The Financial Industry Regulatory Authority (FINRA) has issued alert advising investors to check the details of a stock before they buy.
In Stock Up on Information Before Buying Stock issued Friday, FINRA says that with over 20,000 companies trading on exchanges and over-the-counter “there is ample room for confusion”. And so, the bulletin provides a series of practical steps investors should take before investing, including not only thoroughly researching a company before buying stock in it, but also finding out where the stock trades, making sure the symbol is correct, and ensuring that they understand the initial public offering process.
“One of the most important consumer tips is know what you are buying. This maxim certainly applies to investing in stocks,” it says.
The alert also highlights the fact that not all financial information is independently audited, and recommends that investors verify any information with a company’s public filings. It also points out the difference between exchange-traded securities that are subject to listing standards, and OTC stocks that are not.

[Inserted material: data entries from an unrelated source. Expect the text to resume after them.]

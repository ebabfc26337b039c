-- ===== src/Mapper/Matches.antt =====
-- The generator `matches` of MachineMapper.py, over all its results.
use lnst.Prelude.{
  ℕ, zero, suc, ◌≤◌, ◌<◌, String, ◌≡◌, refl, Bool, true, false, none, some, List, [], ◌∷◌, arith,
  string_eq, ◌⊎◌, All, ◌≢◌, subst,
}
use lnst.Prelude.Exc.{ok, mapper_error}
use lnst.Prelude.Dict.{get}
use lnst.Mapper.Defs.{Hosts, Mapper}
use lnst.Mapper.Mapping.{
  Mapping, Yielded, get_mapping, yield_loop, search_from, or_no_match, matches,
}
use lnst.Mapper.Search.{match_loop}
use lnst.Mapper.Valid.{MatchInv, match_cost}
use lnst.Mapper.Valid.Pools.{FullInv-MatchInv}
use lnst.Mapper.Valid.Loop.{MatchOk, match_loop_lem}
use lnst.Mapper.Valid.Reset.{Config, search_cost, reset_match_state_lem}
use lnst.Mapper.Sound.{IsMatch, Found-of}

-- A match for the requirements of `o` by one of its pools, which the mapping names.
abbrev pub IsMatchOf : Mapper → Mapping → Type 0
IsMatchOf o mp =
    (pool : Hosts) × IsMatch o.mreqs pool mp
    × ((o.pools ≡ []) ⊎ ((k : String) × (mp.pool_name ≡ some k) × (get o.pools k ≡ some pool)))

-- Only matches were yielded, and nothing was raised.
pub record OnlyMatches (o : Mapper) (y : Yielded) : Type 0 where
  pub all_match : All (IsMatchOf o) y.mappings
  pub no_error : y.raised ≡ none

module _ (o : Mapper) (Q M if_fuel fuel : ℕ) (enough : Q < if_fuel) (multimatch : Bool) where
  abbrev Yields : ℕ → Mapper → Type 0
  Yields rounds s =
      (y : Yielded) × (yield_loop if_fuel fuel rounds multimatch s ≡ some y) × OnlyMatches o y

  yield_stop :
      (rounds : ℕ) (s u : Mapper)
      → match_loop if_fuel fuel s ≡ some (ok (false, u))
      → Yields (suc rounds) s
  unfolding yield_loop
  yield_stop rounds s u e = (
    record { mappings = []; raised = none; state = u },
    ground (arith, e),
    record { all_match = tt; no_error = refl },
  )

module _ (o : Mapper) (Q M if_fuel fuel : ℕ) (enough : Q < if_fuel) where
  yield_more :
      (multimatch : Bool) (rounds : ℕ) (s u : Mapper) (mp : Mapping)
      → match_loop if_fuel fuel s ≡ some (ok (true, u))
      → get_mapping u ≡ ok mp
      → IsMatchOf o mp
      → Yields o Q M if_fuel fuel enough multimatch rounds u
      → Yields o Q M if_fuel fuel enough multimatch (suc rounds) s
  unfolding yield_loop
  yield_more false rounds s u mp e g m later = (
    record { mappings = mp ∷ []; raised = none; state = u },
    ground (arith, e, g),
    record { all_match = (m, tt); no_error = refl },
  )
  yield_more true rounds s u mp e g m (y, f, good) = (
    record y { mappings = mp ∷ y.mappings },
    ground (arith, e, g, f),
    record { all_match = (m, good.all_match); no_error = good.no_error },
  )

  -- Each `_match` costs, so the loop ends within the rounds that the search can take.
  yield_loop_lem :
      (multimatch : Bool) (rounds : ℕ) (s : Mapper)
      → MatchInv o Q M s
      → match_cost Q M s < fuel
      → match_cost Q M s < rounds
      → Yields o Q M if_fuel fuel enough multimatch rounds s
  yield_loop_lem multimatch zero s i less less' = absurd (omega arith)
  yield_loop_lem multimatch (suc rounds) s i less less' =
      let (b, u, e, good) = match_loop_lem o Q M if_fuel enough fuel s i less in
      go b u e good (λ j l.
        yield_loop_lem multimatch rounds u j (omega (arith, less, l)) (omega (arith, less', l)))
    where
      go :
          (b : Bool) (u : Mapper)
          → match_loop if_fuel fuel s ≡ some (ok (b, u))
          → MatchOk o Q M s b u
          → (MatchInv o Q M u
              → match_cost Q M u < match_cost Q M s
              → Yields o Q M if_fuel fuel enough multimatch rounds u)
          → Yields o Q M if_fuel fuel enough multimatch (suc rounds) s
      go false u e good later = yield_stop o Q M if_fuel fuel enough multimatch rounds s u e
      go true u e (j, d, cost) later =
          let (mp, g, m, named) = Found-of o Q M s true u (j, d, cost) in
          yield_more multimatch rounds s u mp e g (u.pool, m, named)
            (later (FullInv-MatchInv o Q M u j) cost)

-- What a consumer of `matches` sees: matches only, and MapperError exactly if there is none.
pub record MatchesOk (o : Mapper) (y : Yielded) : Type 0 where
  pub all_match : All (IsMatchOf o) y.mappings
  pub error : (y.mappings ≡ [] → y.raised ≡ some mapper_error) × (y.mappings ≢ [] → y.raised ≡ none)

or_no_match_on :
    (o : Mapper) (y : Yielded) (ms : List Mapping)
    → y.mappings ≡ ms
    → OnlyMatches o y
    → MatchesOk o (or_no_match y)
unfolding or_no_match
or_no_match_on o y [] e good = record {
  all_match = ground (arith, e, good.no_error);
  error = (
    (λ h. ground (arith, e, good.no_error)),
    (λ h. absurd (h (ground (arith, e, good.no_error)))),
  );
}
or_no_match_on o y (m ∷ ms) e good =
    subst (λ z. MatchesOk o z) (same e)
      (record { all_match = good.all_match; error = ((λ h. cc (e, h)), (λ h. good.no_error)) })
  where
    same : y.mappings ≡ m ∷ ms → y ≡ or_no_match y
    same e = ground (arith, e, good.no_error)

or_no_match_lem : (o : Mapper) (y : Yielded) → OnlyMatches o y → MatchesOk o (or_no_match y)
or_no_match_lem o y good = or_no_match_on o y y.mappings refl good

-- From a well-formed configuration without virtual machines, with fuel for the search, `matches`
-- yields only matches for the requirements, by machines of the pool that each names, whether one
-- or all are asked for; it raises MapperError if it yields none, and nothing otherwise.
pub matches_total :
    (Q M if_fuel fuel rounds : ℕ) (multimatch : Bool) (s : Mapper)
    → Config Q M s
    → Q < if_fuel
    → search_cost Q M s ≤ fuel
    → search_cost Q M s ≤ rounds
    → (y : Yielded) × (matches if_fuel fuel rounds multimatch false s ≡ some y) × MatchesOk s y
unfolding matches search_from
matches_total Q M if_fuel fuel rounds multimatch s c enough fuel_ok rounds_ok =
    let (t, e, i, cost) = reset_match_state_lem Q M s c in
    let (y, f, good) =
      yield_loop_lem s Q M if_fuel fuel enough multimatch rounds t i (omega arith) (omega arith) in
    (or_no_match y, ground (arith, e, f), or_no_match_lem s y good)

Moreover, it cautions investors to ensure they are buying the intended security, and to be aware of the risk of symbol confusion. FINRA also notes that it has warned in a previous alert that the securities of a company in bankruptcy may continue to trade after it files for bankruptcy protection.
Finally, FINRA cautions investors to be extremely wary of pre-IPO speculation. “It is always risky, and can be illegal,” it says.
“Before buying an individual stock, investors should fully understand what they are buying in order to avoid potentially costly mix-ups or mistakes,” said Gerri Walsh, FINRA’s senior vice president for investor education.